**Your instructions**
Find the word "counts" in the listing; pull out each line holding it.

**Data for processing**
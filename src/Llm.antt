-- ===== src/Llm.antt =====
-- internal/llm/wire.go: what goes to the Messages API and what comes back. The counts of tokens are not
-- negative, and a sum of them fits an int. Raw JSON and texts are lists of bytes.
pub mod Pricing
pub mod Retry
pub mod Embed
use mathlib.Core.Option
use dispute_router.Common.{ℕ, ◌+◌, String, Bool, List, [], ◌∷◌, Option}
use dispute_router.Common.Bytes.{Bytes}

-- `ContentBlock`; `kind` is its "type". The bytes that it was decoded from, if any, are `raw`.
pub record ContentBlock : Type 0 where
  pub kind : String
  pub text : Bytes
  pub id : String
  pub name : String
  pub input : Bytes
  pub tool_use_id : String
  pub content : Bytes
  pub is_error : Bool
  pub thinking : Bytes
  pub signature : Bytes
  pub redacted : Bytes
  pub raw : Bytes

abbrev pub empty_block : ContentBlock
empty_block = record {
  kind = "";
  text = [];
  id = "";
  name = "";
  input = [];
  tool_use_id = "";
  content = [];
  is_error = Bool.false;
  thinking = [];
  signature = [];
  redacted = [];
  raw = [];
}

-- A block that this program writes.
abbrev pub text_block : Bytes → ContentBlock
text_block text = record empty_block { kind = "text"; text = text }

abbrev with_raw : Bytes → ContentBlock → ContentBlock
with_raw bytes b = record b { raw = bytes }

-- `UnmarshalJSON`, with what encoding/json makes of the fields.
unfoldable pub unmarshal_block : (Bytes → Option ContentBlock) → Bytes → Option ContentBlock
unmarshal_block fields bytes = Option.map (with_raw bytes) (fields bytes)

abbrev raw_or : Bytes → Bytes → Bytes
raw_or [] encoded = encoded
raw_or (b ∷ raw) encoded = b ∷ raw

-- `MarshalJSON`.
unfoldable pub marshal_block : (ContentBlock → Bytes) → ContentBlock → Bytes
marshal_block encode b = raw_or b.raw (encode b)

-- `Message`.
pub record Message : Type 0 where
  pub role : String
  pub blocks : List ContentBlock

-- `Tool`.
pub record Tool : Type 0 where
  pub name : String
  pub description : Bytes
  pub input_schema : Bytes

-- `Request`; this program leaves the temperature unset in the loop, and forces a tool elsewhere.
pub record Request : Type 0 where
  pub model : String
  pub system : Bytes
  pub messages : List Message
  pub tools : List Tool
  pub max_tokens : ℕ
  pub cache_system : Bool

-- `ToolUse`.
pub record ToolUse : Type 0 where
  pub id : String
  pub name : String
  pub input : Bytes

-- `Usage`.
pub record Usage : Type 0 where
  pub input_tokens : ℕ
  pub output_tokens : ℕ
  pub cache_creation_input_tokens : ℕ
  pub cache_read_input_tokens : ℕ

abbrev pub no_usage : Usage
no_usage = record {
  input_tokens = 0;
  output_tokens = 0;
  cache_creation_input_tokens = 0;
  cache_read_input_tokens = 0;
}

-- `Usage.Add`.
unfoldable pub add_usage : Usage → Usage → Usage
add_usage u other = record {
  input_tokens = u.input_tokens + other.input_tokens;
  output_tokens = u.output_tokens + other.output_tokens;
  cache_creation_input_tokens = u.cache_creation_input_tokens + other.cache_creation_input_tokens;
  cache_read_input_tokens = u.cache_read_input_tokens + other.cache_read_input_tokens;
}

-- `Response`.
pub record Response : Type 0 where
  pub blocks : List ContentBlock
  pub stop_reason : String
  pub usage : Usage
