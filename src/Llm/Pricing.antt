-- ===== src/Llm/Pricing.antt =====
-- internal/llm/pricing.go: what a call costs, in micro-dollars. Rates and counts are not negative and their
-- products fit an int64. The multipliers are floats in the code; in rates below 2 ^ 53 the
-- truncated product by 1.25 is a division by 4 of five times the rate, that by 0.10 a division by 10.
use dispute_router.Common.{ℕ, ◌+◌, ◌*◌, ◌/◌, ◌≤◌, ◌≡◌, arith, ltb, if◌then◌else◌}
use dispute_router.Llm.{Usage, add_usage, no_usage}

-- `Pricing`.
pub record Pricing : Type 0 where
  pub input_rate : ℕ
  pub output_rate : ℕ
  pub cache_write_rate : ℕ
  pub cache_read_rate : ℕ

abbrev pub per_mtok : ℕ
per_mtok = 1000000

unfoldable pub rate : ℕ → ℕ → ℕ
rate configured derived = if ltb 0 configured then configured else derived

-- `Cost`.
unfoldable pub cost : Pricing → Usage → ℕ
unfolding rate
cost p u =
    u.input_tokens * p.input_rate / per_mtok
    + u.output_tokens * p.output_rate / per_mtok
    + u.cache_creation_input_tokens * rate p.cache_write_rate (p.input_rate * 5 / 4) / per_mtok
    + u.cache_read_input_tokens * rate p.cache_read_rate (p.input_rate / 10) / per_mtok

part-add :
    (a b r : ℕ)
    → (a * r / per_mtok + b * r / per_mtok ≤ (a + b) * r / per_mtok)
      × ((a + b) * r / per_mtok ≤ a * r / per_mtok + b * r / per_mtok + 1)
part-add a b r = grind arith

-- Two usages together cost at least what they cost apart, and at most four micro-dollars more: one for each
-- kind of token, whose price is rounded down.
pub cost-add_usage :
    (p : Pricing) (u v : Usage)
    → (cost p u + cost p v ≤ cost p (add_usage u v))
      × (cost p (add_usage u v) ≤ cost p u + cost p v + 4)
unfolding cost add_usage
cost-add_usage p u v =
    let i = part-add u.input_tokens v.input_tokens p.input_rate in
    let o = part-add u.output_tokens v.output_tokens p.output_rate in
    let w =
      part-add u.cache_creation_input_tokens v.cache_creation_input_tokens
        (rate p.cache_write_rate (p.input_rate * 5 / 4)) in
    let r =
      part-add u.cache_read_input_tokens v.cache_read_input_tokens
        (rate p.cache_read_rate (p.input_rate / 10)) in
    omega arith

pub cost-no_usage : (p : Pricing) → cost p no_usage ≡ 0
unfolding cost
cost-no_usage p = omega arith
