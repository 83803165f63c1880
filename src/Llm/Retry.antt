-- ===== src/Llm/Retry.antt =====
-- internal/llm/apierror.go, and the retries of Complete in anthropic.go and of withRetry in embed.go. What
-- each call brings and what ends each wait are parameters; times are in nanoseconds.
use dispute_router.Common.{
  ℕ, zero, suc, ◌+◌, ◌-◌, ◌*◌, ◌%◌, ◌^◌, ◌≤◌, ◌≡◌, refl, ◌⊎◌, inl, inr, Bool, true, false, not,
  ◌&&◌, ◌||◌, List, [], ◌∷◌, ltb, leb, ◌==◌, arith, ℕ_discrete, sym, Bool-cases, if◌then◌else◌,
}
use dispute_router.Common.Int.{ℤ, pos, negsuc, leb_ℤ}

-- `apiError`: a status of zero has a cause in its place, when there is one.
pub record ApiError : Type 0 where
  pub status_code : ℕ
  pub has_cause : Bool
  pub retry_after : ℤ

-- `Retryable`.
unfoldable pub is_retryable : ApiError → Bool
is_retryable e =
    if e.status_code == 0
    then e.has_cause
    else e.status_code == 429 || e.status_code == 529 || leb 500 e.status_code

-- What one call brings: an answer, an apiError, or an error of another type.
pub data Attempt {ℓ} (A : Type ℓ) : Type ℓ where
  answered : A → Attempt A
  api_failed : ApiError → Attempt A
  failed : Attempt A

-- `retryable`.
unfoldable pub retryable {ℓ} : {A : Type ℓ} → Attempt A → Bool
unfolding is_retryable
retryable (answered a) = false
retryable (api_failed e) = is_retryable e
retryable failed = false

wait_of : ℤ → ℕ → ℕ
wait_of (pos zero) computed = computed
wait_of (pos (suc n)) computed = suc n
wait_of (negsuc n) computed = computed

-- `delayFor`.
unfoldable pub delay_for {ℓ} : {A : Type ℓ} → Attempt A → ℕ → ℕ
unfolding wait_of
delay_for (answered a) computed = computed
delay_for (api_failed e) computed = wait_of e.retry_after computed
delay_for failed computed = computed

-- A Retry-After header once it is trimmed: none or empty, a number, a date, or neither.
pub data RetryAfter : Type 0 where
  absent unreadable : RetryAfter
  seconds : ℤ → RetryAfter
  date : ℕ → RetryAfter

abbrev pub second : ℕ
second = 1000000000

abbrev pub minute : ℕ
minute = 60000000000

-- The product of two Durations, in 64 bits.
unfoldable pub to_int64 : ℕ → ℤ
to_int64 n = let m = n % 2 ^ 64 in if ltb m (2 ^ 63) then pos m else negsuc (2 ^ 64 - 1 - m)

abbrev min_ℤ : ℤ → ℤ → ℤ
min_ℤ a b = if leb_ℤ a b then a else b

-- `parseRetryAfter`.
unfoldable pub parse_retry_after : ℕ → RetryAfter → ℤ
unfolding to_int64
parse_retry_after now absent = pos 0
parse_retry_after now unreadable = pos 0
parse_retry_after now (seconds (negsuc n)) = pos 0
parse_retry_after now (seconds (pos n)) =
    if n == 0 then pos 0 else min_ℤ (to_int64 (n * second)) (pos minute)
parse_retry_after now (date when) =
    if ltb now when then min_ℤ (pos (when - now)) (pos minute) else pos 0

abbrev pub max_attempts : ℕ
max_attempts = 3

-- What comes of the attempts: an answer, the last call's error, or that of a context that ended a wait.
pub data Outcome {ℓ} (A : Type ℓ) : Type ℓ where
  answer : A → Outcome A
  call_error context_error : Outcome A

pub record Tried {ℓ} (A : Type ℓ) : Type ℓ where
  pub outcome : Outcome A
  pub calls : ℕ
  pub waits : List ℕ

unfoldable pub outcome_of {ℓ} : {A : Type ℓ} → Attempt A → Outcome A
outcome_of (answered a) = answer a
outcome_of (api_failed e) = call_error
outcome_of failed = call_error

waited {ℓ} : {A : Type ℓ} → ℕ → Tried A → Tried A
waited delay t = record t { waits = delay ∷ t.waits }

-- The loop over the attempts, of which `left` remain after this one.
unfoldable pub retry_from {ℓ} :
    {A : Type ℓ} → (ℕ → Attempt A) → (ℕ → Bool) → (ℕ → ℕ) → ℕ → ℕ → Tried A
unfolding outcome_of retryable delay_for waited
retry_from call cancels pause zero attempt = record {
  outcome = outcome_of (call attempt);
  calls = attempt;
  waits = [];
}
retry_from call cancels pause (suc left) attempt =
    let delay = delay_for (call attempt) (pause attempt) in
    let rest = waited delay (retry_from call cancels pause left (suc attempt)) in
    if retryable (call attempt)
    then if cancels attempt
      then record { outcome = context_error; calls = attempt; waits = delay ∷ [] }
      else rest
    else record { outcome = outcome_of (call attempt); calls = attempt; waits = [] }

-- `Anthropic.Complete` once the body is encoded.
unfoldable pub complete {ℓ} : {A : Type ℓ} → (ℕ → Attempt A) → (ℕ → Bool) → Tried A
unfolding retry_from
complete call cancels = retry_from call cancels (λ n. n * (2 * second)) 2 1

-- `Voyage.withRetry`.
unfoldable pub with_retry {ℓ} : {A : Type ℓ} → (ℕ → Attempt A) → (ℕ → Bool) → ℕ → Tried A
unfolding retry_from
with_retry call cancels pause = retry_from call cancels (λ n. pause) 2 1

-- What the attempts from one on come to: each call but the last is one to retry whose wait was not cut, and
-- the last is an answer, an error not to retry, a wait that was cut, or the last attempt.
abbrev pub Sound {ℓ} :
    {A : Type ℓ} → (ℕ → Attempt A) → (ℕ → Bool) → (first last : ℕ) → Tried A → Type ℓ
Sound call cancels first last t =
    (first ≤ t.calls)
    × (t.calls ≤ last)
    × ((k : ℕ) → first ≤ k → suc k ≤ t.calls → (retryable (call k) && not (cancels k)) ≡ true)
    × (((retryable (call t.calls) && not (t.calls == last) && cancels t.calls) ≡ true)
          × (t.outcome ≡ context_error)
        ⊎ (((retryable (call t.calls) && not (t.calls == last)) ≡ false)
            × (t.outcome ≡ outcome_of (call t.calls))))

Sound-again {ℓ} :
    {A : Type ℓ} (call : ℕ → Attempt A) (cancels : ℕ → Bool) (first left : ℕ) (delay : ℕ)
    (t : Tried A)
    → (retryable (call first) ≡ true)
    → (cancels first ≡ false)
    → Sound call cancels (suc first) (suc first + left) t
    → Sound call cancels first (first + suc left) (waited delay t)
unfolding waited
Sound-again call cancels first left delay t e c (a, b, each, end) =
    let last : suc first + left ≡ first + suc left = omega arith in
    (omega arith, omega arith, each', rw last at end)
  where
    each' : (k : ℕ) → first ≤ k → suc k ≤ t.calls → (retryable (call k) && not (cancels k)) ≡ true
    each' k f h = elim (ℕ_discrete first k) [
      | yes q ↦ rw (sym q) (rw (e, c) refl)
      | no q ↦ each k (omega arith) h
    ]

retry_from-Sound {ℓ} :
    {A : Type ℓ} (call : ℕ → Attempt A) (cancels : ℕ → Bool) (pause : ℕ → ℕ) (left attempt : ℕ)
    → Sound call cancels attempt (attempt + left) (retry_from call cancels pause left attempt)
unfolding retry_from
retry_from-Sound call cancels pause zero attempt =
    (omega arith, omega arith, λ k a b. absurd (omega arith), inr (ground arith, refl))
retry_from-Sound call cancels pause (suc left) attempt =
    elim (Bool-cases (retryable (call attempt))) [
      | inr e ↦
          rw e
            (omega arith, omega arith, λ k a b. absurd (omega arith), inr (ground (arith, e), refl))
      | inl e ↦ elim (Bool-cases (cancels attempt)) [
        | inl c ↦
            rw (e, c)
              (
                omega arith,
                omega arith,
                λ k a b. absurd (omega arith),
                inl (ground (arith, e, c), refl),
              )
        | inr c ↦
            rw (e, c)
              (Sound-again call cancels attempt left (delay_for (call attempt) (pause attempt))
                (retry_from call cancels pause left (suc attempt)) e c
                (retry_from-Sound call cancels pause left (suc attempt)))
      ]
    ]

-- A request to the Messages API is made once to three times; every call but the last met an error to retry,
-- and the wait after it ran out; the outcome is the last call's, unless that is to be retried, is not the third,
-- and its wait was cut by the context.
pub complete-Sound {ℓ} :
    {A : Type ℓ} (call : ℕ → Attempt A) (cancels : ℕ → Bool)
    → Sound call cancels 1 3 (complete call cancels)
unfolding complete
complete-Sound call cancels = retry_from-Sound call cancels (λ n. n * (2 * second)) 2 1

pub with_retry-Sound {ℓ} :
    {A : Type ℓ} (call : ℕ → Attempt A) (cancels : ℕ → Bool) (pause : ℕ)
    → Sound call cancels 1 3 (with_retry call cancels pause)
unfolding with_retry
with_retry-Sound call cancels pause = retry_from-Sound call cancels (λ n. pause) 2 1

capped :
    (z : ℤ) (computed : ℕ)
    → (wait_of (min_ℤ z (pos minute)) computed ≤ minute)
      ⊎ (wait_of (min_ℤ z (pos minute)) computed ≡ computed)
unfolding wait_of
capped (negsuc n) computed = inr (ground arith)
capped (pos zero) computed = inr (ground arith)
capped (pos (suc n)) computed = elim (Bool-cases (leb (suc n) minute)) [
  | inl e ↦ inl (ground arith)
  | inr e ↦ inl (ground arith)
]

-- Whatever a Retry-After header says, the wait after a call that met an apiError with it is a minute
-- at most, or the client's own.
pub delay_for-bounded {ℓ} :
    (A : Type ℓ) (now : ℕ) (header : RetryAfter) (status computed : ℕ) (cause : Bool)
    → let e : ApiError = record {
      status_code = status;
      has_cause = cause;
      retry_after = parse_retry_after now header;
    } in
      (delay_for {A = A} (api_failed e) computed ≤ minute)
      ⊎ (delay_for {A = A} (api_failed e) computed ≡ computed)
unfolding parse_retry_after delay_for
delay_for-bounded A now absent status computed cause = capped (pos 0) computed
delay_for-bounded A now unreadable status computed cause = capped (pos 0) computed
delay_for-bounded A now (seconds (negsuc n)) status computed cause = capped (pos 0) computed
delay_for-bounded A now (seconds (pos n)) status computed cause = elim (Bool-cases (n == 0)) [
  | inl e ↦ rw e (capped (pos 0) computed)
  | inr e ↦ rw e (capped (to_int64 (n * second)) computed)
]
delay_for-bounded A now (date when) status computed cause = elim (Bool-cases (ltb now when)) [
  | inl e ↦ rw e (capped (pos (when - now)) computed)
  | inr e ↦ rw e (capped (pos 0) computed)
]
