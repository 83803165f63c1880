-- ===== src/Llm/Embed.antt =====
-- internal/llm/embed.go: texts embedded in batches, and one answer's vectors put in their places. What
-- comes back for a batch, and the arithmetic that makes a vector unit length, are parameters.
pub mod Batches
pub mod Places
use dispute_router.Common.{
  ℕ, zero, suc, ◌+◌, ◌-◌, ◌≤◌, ◌<◌, ◌≡◌, refl, Bool, true, false, not, ◌&&◌, ◌||◌, List, [], ◌∷◌,
  ◌++◌, Option, none, some, ltb, leb, ◌==◌, arith, if◌then◌else◌, length, take, drop, length-take,
  length-drop, take-append-drop, Bool-cases, Option-cases, get_elem?,
}
use dispute_router.Common.Bytes.{Bytes}
use dispute_router.Common.Int.{ℤ, pos, negsuc}

abbrev pub voyage_max_batch : ℕ
voyage_max_batch = 128

abbrev pub voyage_dimensions : ℕ
voyage_dimensions = 1024

-- One element of an answer: `V` is a vector of floats.
pub record Item {ℓ} (V : Type ℓ) : Type ℓ where
  pub index : ℤ
  pub embedding : V

-- vectors[i] = v; an index past the end does not come this far.
unfoldable pub set_at {ℓ} : {V : Type ℓ} → ℕ → V → List (Option V) → List (Option V)
set_at i v [] = []
set_at zero v (x ∷ xs) = some v ∷ xs
set_at (suc i) v (x ∷ xs) = x ∷ set_at i v xs

unfoldable pub no_vectors {ℓ} : {V : Type ℓ} → ℕ → List (Option V)
no_vectors zero = []
no_vectors (suc n) = none ∷ no_vectors n

-- One element, checked and put in its place.
unfoldable pub place_at {ℓ} :
    {V : Type ℓ} → (V → ℕ) → (V → V) → V → List (Option V) → ℤ → Option (List (Option V))
unfolding set_at
place_at dimensions normalise v slots (negsuc n) = none
place_at dimensions normalise v slots (pos i) =
    if ltb i (length slots) && (dimensions v == voyage_dimensions)
    then some (set_at i (normalise v) slots)
    else none

-- The loop over the elements.
unfoldable pub place {ℓ} :
    {V : Type ℓ} → (V → ℕ) → (V → V) → List (Item V) → List (Option V) → Option (List (Option V))
unfolding place_at
place dimensions normalise [] slots = some slots
place dimensions normalise (item ∷ items) slots =
    elim (place_at dimensions normalise item.embedding slots item.index) [
      | none ↦ none
      | some slots' ↦ place dimensions normalise items slots'
    ]

-- The last loop: no place is empty.
unfoldable pub all_filled {ℓ} : {V : Type ℓ} → List (Option V) → Option (List V)
all_filled [] = some []
all_filled (none ∷ slots) = none
all_filled (some v ∷ slots) = elim (all_filled slots) [ none ↦ none | some vs ↦ some (v ∷ vs) ]

unfoldable pub filled {ℓ} : {V : Type ℓ} → Option (List (Option V)) → Option (List V)
unfolding all_filled
filled none = none
filled (some slots) = all_filled slots

-- The end of `batch`, from the decoded answer for `n` texts.
unfoldable pub vectors_of {ℓ} :
    {V : Type ℓ} → (V → ℕ) → (V → V) → ℕ → List (Item V) → Option (List V)
unfolding place filled no_vectors
vectors_of dimensions normalise n items =
    if length items == n then filled (place dimensions normalise items (no_vectors n)) else none

unfoldable pub joined {ℓ} : {V : Type ℓ} → List V → Option (List V) → Option (List V)
joined vectors none = none
joined vectors (some rest) = some (vectors ++ rest)

unfoldable pub then_more {ℓ} : {V : Type ℓ} → Option (List V) → Option (List V) → Option (List V)
unfolding joined
then_more none more = none
then_more (some vectors) more = joined vectors more

-- The loop of `Embed`; `fuel` bounds the batches, of which there are no more than texts.
unfoldable pub embed_from {ℓ} :
    {V : Type ℓ} → (List Bytes → Option (List V)) → ℕ → List Bytes → Option (List V)
unfolding then_more
embed_from batch fuel [] = some []
embed_from batch zero (t ∷ texts) = none
embed_from batch (suc fuel) (t ∷ texts) =
    then_more (batch (take voyage_max_batch (t ∷ texts)))
      (embed_from batch fuel (drop voyage_max_batch (t ∷ texts)))

-- `Embed`.
unfoldable pub embed {ℓ} :
    {V : Type ℓ} → (List Bytes → Option (List V)) → List Bytes → Option (List V)
unfolding embed_from
embed batch texts = embed_from batch (length texts) texts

**Answer to this exercise**
-- internal/llm/wire.go: what goes to the Messages API and what comes back. The counts of tokens are not
-- internal/llm/pricing.go: what a call costs, in micro-dollars. Rates and counts are not negative and their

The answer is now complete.